Lesson 1
Managing Oracle Constraints
Constraints are rules that you can add to your table and column definitions. These rules govern the data values that can be entered into a table or column.
This module discusses how to
- Identify the four basic types of constraints
- Create
PRIMARY KEY
constraints on database tables
- Create unique constraints on database tables
- Create foreign key constraints on database tables
- Identify how
CHECK
constraints work
- Use the
EXCEPTIONS INTO
clause of the CONSTRAINT
definition
- Identify how constraints are implemented
- Find information about constraints in the data dictionary
Adding constraints to the tables and columns in your database helps guarantee the quality of the data in the database. The lower the quality of the data, the lower the quality of decisions that are made on the data. Since the primary purpose of data collection is to enable intelligent decisionmaking, the proper use of constraints provides much of the power of your Oracle database.
Maintaining Referential Integrity in a Distributed System
If a part of a distributed statement fails, for example, due to an integrity constraint violation, the database returns error number ORA-02055. Subsequent statements or procedure calls return error number ORA-02067 until a ROLLBACK or ROLLBACK TO SAVEPOINT is issued.
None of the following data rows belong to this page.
-- ===== src/Decrypt/Stream/Hashing.antt =====
-- What the reader of `Run` that mirrors its bytes to the hasher has hashed, at the end of
-- `decryptStream`.
use backupy_agent.Prelude.{
  ℕ, zero, suc, ◌+◌, ◌≡◌, refl, sym, ◌∙◌, ap, Option, List, [], ◌++◌, length, take, drop, ok, arith,
  append_assoc, All, take-append-drop, Option-cases, inl, inr, append_cancel_right,
}
use backupy_agent.Prelude.Bytes.{Bytes, IsByte}
use backupy_agent.Prelude.Words.{uint32}
use backupy_agent.Io.{Fault, Reader, read_full}
use backupy_agent.Cipher.{Aead, IsGcm}
use backupy_agent.Wire.{Frame, IsFrame, wire, plaintext}
use backupy_agent.Decrypt.Stream.{
  StreamState, Round, next, clean_eof, refuse, open_frame, read_frame, check_size, tee_read,
  read_header_of, decrypt_round, decrypt_loop, decrypt_stream,
}
use backupy_agent.Decrypt.Stream.Rounds.{loop-next, loop-clean, loop-refuse}
use backupy_agent.Decrypt.Stream.Accepting.{decrypt_loop-Accepted}

-- What is hashed and what is still to be read, together.
abbrev all_of : StreamState → Bytes
all_of s = s.hashed ++ s.source.bytes

abbrev state_of : Round → StreamState
state_of (next s) = s
state_of (clean_eof s) = s
state_of (refuse e s) = s

abbrev all_after : Round → Bytes
all_after r = all_of (state_of r)

all_of-tee_read : (n : ℕ) (s : StreamState) → all_of (tee_read n s).1 ≡ all_of s
unfolding tee_read read_full
all_of-tee_read n s =
    append_assoc s.hashed (take n s.source.bytes) (drop n s.source.bytes)
    ∙ ap (λ l. s.hashed ++ l) (take-append-drop n s.source.bytes)

module _ (aead : Aead) (ctx : ℕ → Option Fault) where
  all_of-open_frame :
      (size : ℕ) (frame : Bytes) (s : StreamState)
      → all_of (state_of (open_frame aead ctx size frame s)) ≡ all_of s
  unfolding open_frame
  all_of-open_frame size frame s = ground arith

  all_of-read_frame :
      (size : ℕ) (s : StreamState) → all_of (state_of (read_frame aead ctx size s)) ≡ all_of s
  unfolding read_frame
  all_of-read_frame size s =
      let (r, t) = tee_read size s in
      elim (Option-cases r.error) [
        | inl full ↦ rw (read_frame, full) (all_of-open_frame size r.got t ∙ all_of-tee_read size s)
        | inr (e, short) ↦ rw (read_frame, short) (all_of-tee_read size s)
      ]

  all_of-check_size :
      (size : ℕ) (s : StreamState) → all_of (state_of (check_size aead ctx size s)) ≡ all_of s
  unfolding check_size
  all_of-check_size size s = ground (arith, all_of-read_frame size s)

  all_of-read_header_of :
      (s : StreamState) → all_of (state_of (read_header_of aead ctx s)) ≡ all_of s
  unfolding read_header_of
  all_of-read_header_of s =
      let (r, t) = tee_read 4 s in
      elim (Option-cases r.error) [
        | inl full ↦
            rw (read_header_of, full)
              (all_of-check_size (uint32 r.got) (record t { processed = t.processed + 4 })
                ∙ all_of-tee_read 4 s)
        | inr (e, short) ↦ rw (read_header_of, short) (all_of-tee_read 4 s)
      ]

  all_of-decrypt_round : (s : StreamState) → all_of (state_of (decrypt_round aead ctx s)) ≡ all_of s
  unfolding decrypt_round
  all_of-decrypt_round s =
      ground (arith, all_of-read_header_of (record s { rounds = s.rounds + 1 }))

  all_of-decrypt_loop :
      (fuel : ℕ) (s : StreamState) → all_of (decrypt_loop aead ctx fuel s).1 ≡ all_of s
  all_of-decrypt_loop zero s = unfold decrypt_loop in refl
  all_of-decrypt_loop (suc fuel) s = from (decrypt_round aead ctx s) refl (all_of-decrypt_loop fuel)
    where
      from :
          (r : Round)
          → decrypt_round aead ctx s ≡ r
          → ((t : StreamState) → all_of (decrypt_loop aead ctx fuel t).1 ≡ all_of t)
          → all_of (decrypt_loop aead ctx (suc fuel) s).1 ≡ all_of s
      from (next t) e ih =
          rw (loop-next aead ctx fuel s e) (ih t ∙ ap all_after (sym e) ∙ all_of-decrypt_round s)
      from (clean_eof t) e ih =
          rw (loop-clean aead ctx fuel s e) (ap all_after (sym e) ∙ all_of-decrypt_round s)
      from (refuse x t) e ih =
          rw (loop-refuse aead ctx fuel s e) (ap all_after (sym e) ∙ all_of-decrypt_round s)

  -- A successful run has hashed just the frames that it has decrypted.
  pub decrypt_stream_hashes :
      (gcm : IsGcm aead) (source : Reader) (room : Option ℕ)
      → All IsByte source.bytes
      → let (r, s) = decrypt_stream aead ctx source (record { written = []; room = room }) in
        r ≡ ok tt
        → (fs : List Frame) × All IsFrame fs
          × (source.bytes ≡ wire aead fs ++ s.source.bytes)
          × (s.out.written ≡ plaintext fs)
          × (s.hashed ≡ wire aead fs)
  unfolding decrypt_stream
  decrypt_stream_hashes gcm source room byte h =
      let s : StreamState = record {
        source = source;
        out = record { written = []; room = room };
        hashed = [];
        processed = 0;
        reports = [];
        rounds = 0;
      } in
      let fuel = suc (length source.bytes) in
      let (fs, a) = decrypt_loop-Accepted aead gcm ctx fuel s byte h in
      let t = (decrypt_loop aead ctx fuel s).1 in
      (
        fs,
        a.frames,
        a.read,
        a.wrote,
        append_cancel_right t.hashed (wire aead fs) t.source.bytes
            (all_of-decrypt_loop fuel s ∙ a.read),
      )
Design your application to check for any returned error messages that indicate that a portion of the distributed update has failed.
If you detect a failure, you should roll back the entire transaction before allowing the application to proceed. The database does not permit declarative referential integrity constraints to be defined across nodes of a distributed system. In other words, a declarative referential integrity constraint on one table cannot specify a foreign key that references a primary or unique key of a remote table. Nevertheless, you can maintain parent/child table relationships across nodes using triggers. If you decide to define referential integrity across the nodes of a distributed database using triggers, be aware that network failures can limit the accessibility of not only the parent table, but also the child table. For example, assume that the child table is in the sales database and the parent table is in the hq database. If the network connection between the two databases fails, some DML statements against the child table (those that insert rows into the child table or update a foreign key value in the child table) cannot proceed because
the referential integrity triggers must have access to the parent table in the hq database.